_Work to be completed:_ Look through the data below for the line with "is_finite = λ x. true;" and the line with "unfolding next_action", then output those two and all lines in between, exactly as written.

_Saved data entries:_
>>

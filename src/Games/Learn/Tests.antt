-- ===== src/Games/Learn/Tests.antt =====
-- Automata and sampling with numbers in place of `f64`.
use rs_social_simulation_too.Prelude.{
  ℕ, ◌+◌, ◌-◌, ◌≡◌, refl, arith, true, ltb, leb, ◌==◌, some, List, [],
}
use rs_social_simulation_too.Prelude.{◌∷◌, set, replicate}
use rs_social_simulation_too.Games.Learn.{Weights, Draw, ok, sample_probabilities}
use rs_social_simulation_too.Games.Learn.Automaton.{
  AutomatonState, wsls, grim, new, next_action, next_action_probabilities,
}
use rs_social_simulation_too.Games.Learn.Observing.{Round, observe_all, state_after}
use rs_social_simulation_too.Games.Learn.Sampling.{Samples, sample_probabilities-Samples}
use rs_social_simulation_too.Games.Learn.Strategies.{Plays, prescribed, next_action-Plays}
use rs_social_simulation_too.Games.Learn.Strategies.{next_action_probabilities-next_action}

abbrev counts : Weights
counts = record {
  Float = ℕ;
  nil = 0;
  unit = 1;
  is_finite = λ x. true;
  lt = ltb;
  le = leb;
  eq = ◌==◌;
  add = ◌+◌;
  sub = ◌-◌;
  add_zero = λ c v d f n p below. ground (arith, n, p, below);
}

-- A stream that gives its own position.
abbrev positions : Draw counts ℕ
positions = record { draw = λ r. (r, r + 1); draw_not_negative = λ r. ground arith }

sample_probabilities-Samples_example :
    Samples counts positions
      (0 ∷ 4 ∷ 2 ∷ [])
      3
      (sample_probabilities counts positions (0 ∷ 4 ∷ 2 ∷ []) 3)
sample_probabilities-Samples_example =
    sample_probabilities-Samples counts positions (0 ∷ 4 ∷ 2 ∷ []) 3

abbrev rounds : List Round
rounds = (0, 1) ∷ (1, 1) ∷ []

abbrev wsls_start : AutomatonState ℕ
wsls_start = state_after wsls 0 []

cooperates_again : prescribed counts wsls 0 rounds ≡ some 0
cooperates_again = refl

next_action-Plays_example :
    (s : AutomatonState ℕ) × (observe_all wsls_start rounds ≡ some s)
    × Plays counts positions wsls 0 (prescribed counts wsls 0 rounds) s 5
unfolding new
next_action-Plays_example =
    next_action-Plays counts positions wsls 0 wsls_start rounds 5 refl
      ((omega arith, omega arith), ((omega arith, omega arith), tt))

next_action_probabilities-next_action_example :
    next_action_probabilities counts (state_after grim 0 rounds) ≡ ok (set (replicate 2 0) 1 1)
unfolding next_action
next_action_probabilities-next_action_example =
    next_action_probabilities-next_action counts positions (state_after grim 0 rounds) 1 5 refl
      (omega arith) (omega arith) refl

<<
>>

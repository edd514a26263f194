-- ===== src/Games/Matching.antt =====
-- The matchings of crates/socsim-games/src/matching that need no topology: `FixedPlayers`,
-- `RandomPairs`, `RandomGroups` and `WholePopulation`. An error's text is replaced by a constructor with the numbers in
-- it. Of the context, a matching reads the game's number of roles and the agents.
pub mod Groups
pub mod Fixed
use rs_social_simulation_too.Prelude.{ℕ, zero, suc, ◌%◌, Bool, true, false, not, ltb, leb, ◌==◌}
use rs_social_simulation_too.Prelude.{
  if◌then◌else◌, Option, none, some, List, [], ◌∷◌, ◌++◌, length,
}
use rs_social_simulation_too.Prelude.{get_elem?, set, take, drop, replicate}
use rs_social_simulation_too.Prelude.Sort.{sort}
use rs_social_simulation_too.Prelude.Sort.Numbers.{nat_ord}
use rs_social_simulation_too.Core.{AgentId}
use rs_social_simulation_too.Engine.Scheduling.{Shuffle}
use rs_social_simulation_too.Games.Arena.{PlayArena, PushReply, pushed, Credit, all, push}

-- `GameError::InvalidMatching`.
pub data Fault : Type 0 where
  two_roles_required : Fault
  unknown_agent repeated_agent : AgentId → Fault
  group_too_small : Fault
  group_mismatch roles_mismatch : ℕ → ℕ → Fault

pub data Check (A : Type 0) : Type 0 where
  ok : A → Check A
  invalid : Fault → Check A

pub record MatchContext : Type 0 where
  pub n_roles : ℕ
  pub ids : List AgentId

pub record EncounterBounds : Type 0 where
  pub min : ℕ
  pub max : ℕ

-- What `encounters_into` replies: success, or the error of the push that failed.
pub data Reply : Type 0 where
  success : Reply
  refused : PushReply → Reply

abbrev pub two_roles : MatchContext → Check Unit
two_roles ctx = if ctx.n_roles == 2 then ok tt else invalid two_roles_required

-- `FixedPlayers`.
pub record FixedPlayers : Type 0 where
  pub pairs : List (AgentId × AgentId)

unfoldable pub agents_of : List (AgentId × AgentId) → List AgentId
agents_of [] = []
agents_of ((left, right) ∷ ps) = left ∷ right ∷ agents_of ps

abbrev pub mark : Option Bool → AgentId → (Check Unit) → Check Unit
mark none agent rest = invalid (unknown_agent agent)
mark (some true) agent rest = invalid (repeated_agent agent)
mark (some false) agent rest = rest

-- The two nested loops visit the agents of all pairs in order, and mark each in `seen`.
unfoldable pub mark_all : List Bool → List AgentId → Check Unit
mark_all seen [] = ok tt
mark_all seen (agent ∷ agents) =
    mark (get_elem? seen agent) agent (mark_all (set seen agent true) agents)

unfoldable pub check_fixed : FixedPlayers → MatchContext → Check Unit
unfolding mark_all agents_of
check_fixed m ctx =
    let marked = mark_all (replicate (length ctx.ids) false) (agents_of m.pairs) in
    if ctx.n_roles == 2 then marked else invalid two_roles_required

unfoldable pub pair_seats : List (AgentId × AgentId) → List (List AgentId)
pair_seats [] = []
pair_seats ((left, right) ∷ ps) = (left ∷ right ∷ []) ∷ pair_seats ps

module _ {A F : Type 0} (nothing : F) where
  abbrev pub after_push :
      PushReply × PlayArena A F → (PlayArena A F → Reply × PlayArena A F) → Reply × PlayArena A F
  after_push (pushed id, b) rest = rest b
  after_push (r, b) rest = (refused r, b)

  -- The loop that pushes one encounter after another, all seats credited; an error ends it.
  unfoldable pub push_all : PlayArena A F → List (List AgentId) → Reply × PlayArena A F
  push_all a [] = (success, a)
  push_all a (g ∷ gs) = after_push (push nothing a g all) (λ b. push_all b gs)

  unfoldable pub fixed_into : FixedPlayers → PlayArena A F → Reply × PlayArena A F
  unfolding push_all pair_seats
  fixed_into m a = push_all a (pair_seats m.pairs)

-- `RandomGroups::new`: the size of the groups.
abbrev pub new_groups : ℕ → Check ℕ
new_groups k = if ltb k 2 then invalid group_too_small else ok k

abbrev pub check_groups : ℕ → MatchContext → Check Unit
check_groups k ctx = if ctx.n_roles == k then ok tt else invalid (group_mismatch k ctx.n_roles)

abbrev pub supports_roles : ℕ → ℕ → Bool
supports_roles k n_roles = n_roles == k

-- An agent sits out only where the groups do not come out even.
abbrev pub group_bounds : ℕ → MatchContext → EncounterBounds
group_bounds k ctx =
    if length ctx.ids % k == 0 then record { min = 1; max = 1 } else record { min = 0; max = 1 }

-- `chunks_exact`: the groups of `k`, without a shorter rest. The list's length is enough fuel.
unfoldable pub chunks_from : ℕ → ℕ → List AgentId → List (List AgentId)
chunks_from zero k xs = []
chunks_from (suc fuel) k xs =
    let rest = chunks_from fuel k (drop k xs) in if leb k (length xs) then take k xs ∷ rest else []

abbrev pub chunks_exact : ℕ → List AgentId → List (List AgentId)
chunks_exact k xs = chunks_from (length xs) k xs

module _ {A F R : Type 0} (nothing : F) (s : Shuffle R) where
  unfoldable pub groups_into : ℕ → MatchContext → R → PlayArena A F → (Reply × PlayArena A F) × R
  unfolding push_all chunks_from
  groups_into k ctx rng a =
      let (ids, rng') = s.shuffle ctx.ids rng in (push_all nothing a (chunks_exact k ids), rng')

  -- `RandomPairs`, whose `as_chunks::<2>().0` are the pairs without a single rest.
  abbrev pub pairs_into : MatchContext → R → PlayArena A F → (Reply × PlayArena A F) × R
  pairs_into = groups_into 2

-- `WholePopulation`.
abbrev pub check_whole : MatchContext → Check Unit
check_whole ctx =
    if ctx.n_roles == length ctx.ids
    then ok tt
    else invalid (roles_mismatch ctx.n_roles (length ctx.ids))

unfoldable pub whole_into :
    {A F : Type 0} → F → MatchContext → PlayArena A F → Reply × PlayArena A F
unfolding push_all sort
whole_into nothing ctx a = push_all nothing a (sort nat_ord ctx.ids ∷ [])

<<

_The answer:_
  is_finite = λ x. true;
  lt = ltb;
  le = leb;
  eq = ◌==◌;
  add = ◌+◌;
  sub = ◌-◌;
  add_zero = λ c v d f n p below. ground (arith, n, p, below);
}

-- A stream that gives its own position.
abbrev positions : Draw counts ℕ
positions = record { draw = λ r. (r, r + 1); draw_not_negative = λ r. ground arith }

sample_probabilities-Samples_example :
    Samples counts positions
      (0 ∷ 4 ∷ 2 ∷ [])
      3
      (sample_probabilities counts positions (0 ∷ 4 ∷ 2 ∷ []) 3)
sample_probabilities-Samples_example =
    sample_probabilities-Samples counts positions (0 ∷ 4 ∷ 2 ∷ []) 3

abbrev rounds : List Round
rounds = (0, 1) ∷ (1, 1) ∷ []

abbrev wsls_start : AutomatonState ℕ
wsls_start = state_after wsls 0 []

cooperates_again : prescribed counts wsls 0 rounds ≡ some 0
cooperates_again = refl

next_action-Plays_example :
    (s : AutomatonState ℕ) × (observe_all wsls_start rounds ≡ some s)
    × Plays counts positions wsls 0 (prescribed counts wsls 0 rounds) s 5
unfolding new
next_action-Plays_example =
    next_action-Plays counts positions wsls 0 wsls_start rounds 5 refl
      ((omega arith, omega arith), ((omega arith, omega arith), tt))

next_action_probabilities-next_action_example :
    next_action_probabilities counts (state_after grim 0 rounds) ≡ ok (set (replicate 2 0) 1 1)
unfolding next_action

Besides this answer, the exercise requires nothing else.